Metabolisme glukosa, allostasis dan beban allostatik


Konsep allostasis diperkenalkan oleh Sterling dan Eyer pada tahun 1988 [42]. Allostasis adalah
pemeliharaan variabel fisiologis pada tingkat yang diubah, berbeda dari titik set homeostatik dalam
menanggapi tantangan atau stres yang dirasakan atau diantisipasi. Ini mengatur metabolisme dengan
mengubah jalur biokimia untuk mencapai stabilitas. Memang keadaan allostasis telah ditunjukkan oleh kami
pada tikus yang terkena stres kronis [24]. Dalam penelitian ini hiperglikemia yang konsisten diamati pada
tikus selama 24 minggu, setelah paparan selama 1 jam diikuti dengan berenang paksa selama 15 menit
setelah jeda 4 jam setiap hari selama 2, 4 atau 24 minggu. Hiperglikemia disertai dengan perubahan jalur
metabolisme glukosa, terutama peningkatan aktivitas enzim glukoneogenik. Respons tubuh yang berlebihan
terhadap stres persisten dapat menyebabkan beban alostatik, yaitu proses fisiologis yang berubah yang dapat
menyebabkan kerusakan pada sistem [43]. Sebagai contoh dalam penelitian kami [24] kondisi hiperglikemik
yang berkepanjangan karena stres disertai dengan resistensi insulin dan kegagalan untuk mentoleransi
glukosa seperti yang ditunjukkan oleh OGTT pada tikus. Jadi ketika stres berlangsung lama dan berlangsung
lama, proses adaptif dalam tubuh menjadi maladaptif yang mengakibatkan patofisiologi. Brunner dan rekan
kerja telah berhipotesis [44] bahwa sumbu neuroendokrin diaktifkan sebagai respons terhadap rangsangan
stres memainkan peran utama dalam pengembangan sindrom metabolik.
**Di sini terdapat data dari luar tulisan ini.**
-- ===== src/Client/ReadReceipts.antt =====
-- The throttle of read receipts: apps/web/src/features/chat/readReceipts.ts, for one conversation
-- (its maps are keyed by the conversation). A timer is the time at which it is due; a browser
-- never runs one before that.
use videochat.Prelude.{ℕ, ◌+◌, ◌-◌, Option, none, some, List, [], ◌∷◌, ltb, leb, if◌then◌else◌}

pub record Throttle : Type 0 where
  pub sent_seq : Option ℕ
  pub last_sent_at : Option ℕ
  pub pending_seq : Option ℕ
  pub timer : Option ℕ

-- `?? 0`.
abbrev pub or_zero : Option ℕ → ℕ
or_zero none = 0
or_zero (some n) = n

abbrev pub max : ℕ → ℕ → ℕ
max a b = if ltb a b then b else a

-- `max(0, interval - elapsed)`, where nothing was sent yet an infinite time has elapsed.
abbrev pub delay_of : ℕ → Option ℕ → ℕ → ℕ
delay_of interval none now = 0
delay_of interval (some last) now = (interval + last) - now

abbrev pub schedule : ℕ → Throttle → ℕ → Option ℕ → Throttle
schedule interval t now none = record t {
  timer = some (now + delay_of interval t.last_sent_at now);
}
schedule interval t now (some due) = t

unfoldable pub request : ℕ → Throttle → ℕ → ℕ → Throttle
request interval t seq now =
    if leb seq (max (or_zero t.sent_seq) (or_zero t.pending_seq))
    then t
    else schedule interval (record t { pending_seq = some seq }) now t.timer

-- The state, and what was sent.
abbrev pub flush_pending : Throttle → ℕ → Option ℕ → Throttle × Option ℕ
flush_pending t now none = (record t { timer = none }, none)
flush_pending t now (some seq) = (
  record { sent_seq = some seq; last_sent_at = some now; pending_seq = none; timer = none },
  some seq,
)

unfoldable pub flush : Throttle → ℕ → Throttle × Option ℕ
flush t now = flush_pending t now t.pending_seq

unfoldable pub cancel : Throttle → Throttle
cancel t = record t { pending_seq = none; timer = none }

pub data ThrottleEvent : Type 0 where
  requested : (seq : ℕ) → (now : ℕ) → ThrottleEvent
  timer_ran : (now : ℕ) → ThrottleEvent
  cancelled : ThrottleEvent

-- The throttle and what it has sent with the times, the last first.
pub record Sending : Type 0 where
  pub throttle : Throttle
  pub log : List (ℕ × ℕ)

abbrev pub log_sent : List (ℕ × ℕ) → ℕ → Option ℕ → List (ℕ × ℕ)
log_sent log now none = log
log_sent log now (some seq) = (seq, now) ∷ log

abbrev pub run_timer : Sending → ℕ → Option ℕ → Sending
run_timer s now none = s
run_timer s now (some due) =
    if leb due now
    then record {
      throttle = (flush s.throttle now).0;
      log = log_sent s.log now (flush s.throttle now).1;
    }
    else s

unfoldable pub run_event : ℕ → Sending → ThrottleEvent → Sending
run_event interval s (requested seq now) = record s {
  throttle = request interval s.throttle seq now;
}
run_event interval s (timer_ran now) = run_timer s now s.throttle.timer
run_event interval s cancelled = record s { throttle = cancel s.throttle }

unfoldable pub run_events : ℕ → Sending → List ThrottleEvent → Sending
run_events interval s [] = s
run_events interval s (e ∷ es) = run_events interval (run_event interval s e) es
Bahkan, banyak peneliti telah
menunjukkan perkembangan resistensi insulin dan sindrom metabolik dalam menanggapi stres kronis
[12,45-49]. Oleh karena itu dapat disimpulkan bahwa ketika sistem tidak dapat mengatasi tuntutan terus
menerus, beban allostatic mungkin menjadi luar biasa yang menjadi predisposisi tubuh untuk pengembangan
penyakit.

Kesimpulan
Jelas dari diskusi di atas bahwa stres kronis memiliki efek buruk pada metabolisme glukosa. Perubahan yang
diamati selama stres kronis tampaknya disebabkan oleh regulasi allostatic dalam menanggapi permintaan
pada tubuh. Namun, pengaturan alostatik jangka panjang menyebabkan beban alostatik yang mengakibatkan
kondisi patofisiologis seperti sindrom metabolik. Karena stres adalah fakta kehidupan yang tak terhindarkan,
orang harus bertujuan mengelola stres. Non-farmakologis intervensi dan manajemen stres akan
membuktikanmanfaat resmi dalam mengendalikan efek buruk dari stres. Studi di masa depan harus
ditujukan untuk mengembangkan strategi baru untuk menekan aktivasi aksis HPA dan sistem saraf simpatik
karena stres, sehingga dapat mencegah efek buruk glukokortikoid pada metabolisme karbohidrat.